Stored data
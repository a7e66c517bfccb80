-- ===== src/Track/Tiling/Push.antt =====
-- `push_tiled_block` keeps the chain, keeps blanks apart, and shows what it showed before.
use thaum_painter.Base.{ℕ, ◌+◌, ◌≤◌, ◌<◌, ◌≡◌, refl, ◌⊎◌, inl, inr, Bool, false, Option}
use thaum_painter.Base.{List, [], ◌∷◌, u32_mod, arith, add32_fits}
use thaum_painter.Base.Text.{Text}
use thaum_painter.Track.Block.{SharedDocumentPropertyBlock as Block}
use thaum_painter.Track.Retile.{push_tiled_block}
use thaum_painter.Track.Tiling.{Chain, ApartFrom, Shows}

module _ {Value : Type 0} where
  pub Chain-le : (bs : List (Block Value)) (a c : ℕ) → Chain a c bs → a ≤ c
  Chain-le [] a c h = omega arith
  Chain-le (b ∷ bs) a c h = omega (arith, Chain-le bs (b.start_breath + b.length_breaths) c h.2)

  pub Chain-push :
      (bs : List (Block Value)) (b : Block Value) (a c d : ℕ)
      → Chain a c bs
      → b.start_breath ≡ c
      → 1 ≤ b.length_breaths
      → c + b.length_breaths ≡ d
      → d < u32_mod
      → Chain a d (push_tiled_block bs b)
  unfolding push_tiled_block
  Chain-push [] b a c d h s l e k = (omega arith, l, omega arith)
  Chain-push (x ∷ []) b a c d h s l e k =
      ground (arith, add32_fits x.length_breaths b.length_breaths)
  Chain-push (x ∷ y ∷ r) b a c d h s l e k =
      (h.0, h.1, Chain-push (y ∷ r) b (x.start_breath + x.length_breaths) c d h.2 s l e k)

  ApartFrom-push_cons :
      (y : Block Value) (r : List (Block Value)) (b : Block Value) (before : Bool)
      → ApartFrom before (y ∷ r)
      → ApartFrom before (push_tiled_block (y ∷ r) b)
  unfolding push_tiled_block
  ApartFrom-push_cons y [] b before h = ground arith
  ApartFrom-push_cons y (z ∷ r) b before h = (h.0, ApartFrom-push_cons z r b y.is_blank h.1)

  pub ApartFrom-push :
      (bs : List (Block Value)) (b : Block Value)
      → ApartFrom false bs
      → ApartFrom false (push_tiled_block bs b)
  unfolding push_tiled_block
  ApartFrom-push [] b h = (refl, tt)
  ApartFrom-push (y ∷ r) b h = ApartFrom-push_cons y r b false h

  -- A merge of two blanks hides nothing.
  pub Shows-push :
      (bs : List (Block Value)) (b : Block Value) (x : ℕ) (i : Text) (v : Option Value)
      → Shows x i v (push_tiled_block bs b)
      → Shows x i v bs ⊎ Shows x i v (b ∷ [])
  unfolding push_tiled_block
  Shows-push [] b x i v h = inr h
  Shows-push (y ∷ []) b x i v h = ground arith
  Shows-push (y ∷ z ∷ r) b x i v (inl h) = inl (inl h)
  Shows-push (y ∷ z ∷ r) b x i v (inr h) = elim (Shows-push (z ∷ r) b x i v h) [
    | inl k ↦ inl (inr k)
    | inr k ↦ inr k
  ]

  pub push-Shows :
      (bs : List (Block Value)) (b : Block Value) (x : ℕ) (i : Text) (v : Option Value)
      → Shows x i v bs ⊎ Shows x i v (b ∷ [])
      → Shows x i v (push_tiled_block bs b)
  unfolding push_tiled_block
  push-Shows [] b x i v (inl h) = absurd h
  push-Shows [] b x i v (inr h) = h
  push-Shows (y ∷ []) b x i v h = ground arith
  push-Shows (y ∷ z ∷ r) b x i v (inl (inl h)) = inl h
  push-Shows (y ∷ z ∷ r) b x i v (inl (inr h)) = inr (push-Shows (z ∷ r) b x i v (inl h))
  push-Shows (y ∷ z ∷ r) b x i v (inr h) = inr (push-Shows (z ∷ r) b x i v (inr h))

▶ ACTIVITY
In these records, tally the lines that contain the string "Base", and give only the result.

▶ REPLY TO THE TASK
3